Where a line in the material below has the string "FileChunkPosition", please report it.

·····

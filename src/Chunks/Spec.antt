-- ===== src/Chunks/Spec.antt =====
-- The layout of a file in chunks, written down without an iterator: chunk `i` begins at byte
-- `i * chunk_size` and holds `chunk_size` bytes or what is left. The counterpart of
-- src/file_chunk_pos.rs.
use native.Mathlib.Nat.{le-div_iff_mul-le, add-div_right}
use rust_filen.Base.{
  ℕ, zero, suc, ◌+◌, ◌-◌, ◌*◌, ◌/◌, ◌^◌, ◌<◌, min, ◌≡◌, ◌↔◌, List, [], ◌∷◌, arith, length,
}
use rust_filen.Chunks.{FileChunkPosition, last_index}

-- The number of chunks, `file_size / chunk_size` rounded up.
unfoldable pub chunk_count : ℕ → ℕ → ℕ
chunk_count chunk_size file_size = (file_size + chunk_size - 1) / chunk_size

abbrev pub position_at : ℕ → ℕ → ℕ → FileChunkPosition
position_at chunk_size file_size i = record {
  index = i;
  start_position = i * chunk_size;
  chunk_size = min chunk_size (file_size - i * chunk_size);
}

-- `n` chunks from chunk `i` on.
abbrev pub positions_from : ℕ → ℕ → ℕ → ℕ → List FileChunkPosition
positions_from chunk_size file_size i zero = []
positions_from chunk_size file_size i (suc n) =
    position_at chunk_size file_size i ∷ positions_from chunk_size file_size (suc i) n

-- All chunks of a file.
abbrev pub layout : ℕ → ℕ → List FileChunkPosition
layout chunk_size file_size =
    positions_from chunk_size file_size 0 (chunk_count chunk_size file_size)

pub length-positions_from : (c f i n : ℕ) → length (positions_from c f i n) ≡ n
length-positions_from c f i zero = omega arith
length-positions_from c f i (suc n) = omega (arith, length-positions_from c f (suc i) n)

-- The sizes are those of the types `u32` and `u64`, and the chunks can be counted in a `u32`.
pub record Fits (chunk_size file_size : ℕ) : Type 0 where
  pub positive : 0 < chunk_size
  pub chunk_size_lt : chunk_size < 2 ^ 32
  pub file_size_lt : file_size < 2 ^ 64
  pub count_lt : chunk_count chunk_size file_size < 2 ^ 32

module _ (c f : ℕ) (pos : 0 < c) where
  pub suc_mul : (i : ℕ) → suc i * c ≡ i * c + c
  suc_mul i = grind arith

  -- A chunk exists exactly when its first byte lies in the file.
  pub lt-chunk_count : (i : ℕ) → (i < chunk_count c f) ↔ (i * c < f)
  unfolding chunk_count
  lt-chunk_count i = (
    λ h. omega (arith, suc_mul i, (le-div_iff_mul-le pos).0 h),
    λ h. (le-div_iff_mul-le pos).1 (omega (arith, suc_mul i)),
  )

  pub chunk_count-suc : 0 < f → chunk_count c f ≡ suc ((f - 1) / c)
  unfolding chunk_count
  chunk_count-suc h =
      let e : f + c - 1 ≡ (f - 1) + c = omega arith in
      rw e (omega (arith, add-div_right (f - 1) pos))

  pub chunk_count-zero : f ≡ 0 → chunk_count c f ≡ 0
  chunk_count-zero e = grind (arith, (lt-chunk_count 0).0)

  pub last_index-chunk_count :
      0 < f → chunk_count c f < 2 ^ 32 → suc (last_index c f) ≡ chunk_count c f
  last_index-chunk_count h lt = omega (arith, chunk_count-suc h)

·····

EXERCISE SOLUTION >>
use rust_filen.Chunks.{FileChunkPosition, last_index}
abbrev pub position_at : ℕ → ℕ → ℕ → FileChunkPosition
abbrev pub positions_from : ℕ → ℕ → ℕ → ℕ → List FileChunkPosition
abbrev pub layout : ℕ → ℕ → List FileChunkPosition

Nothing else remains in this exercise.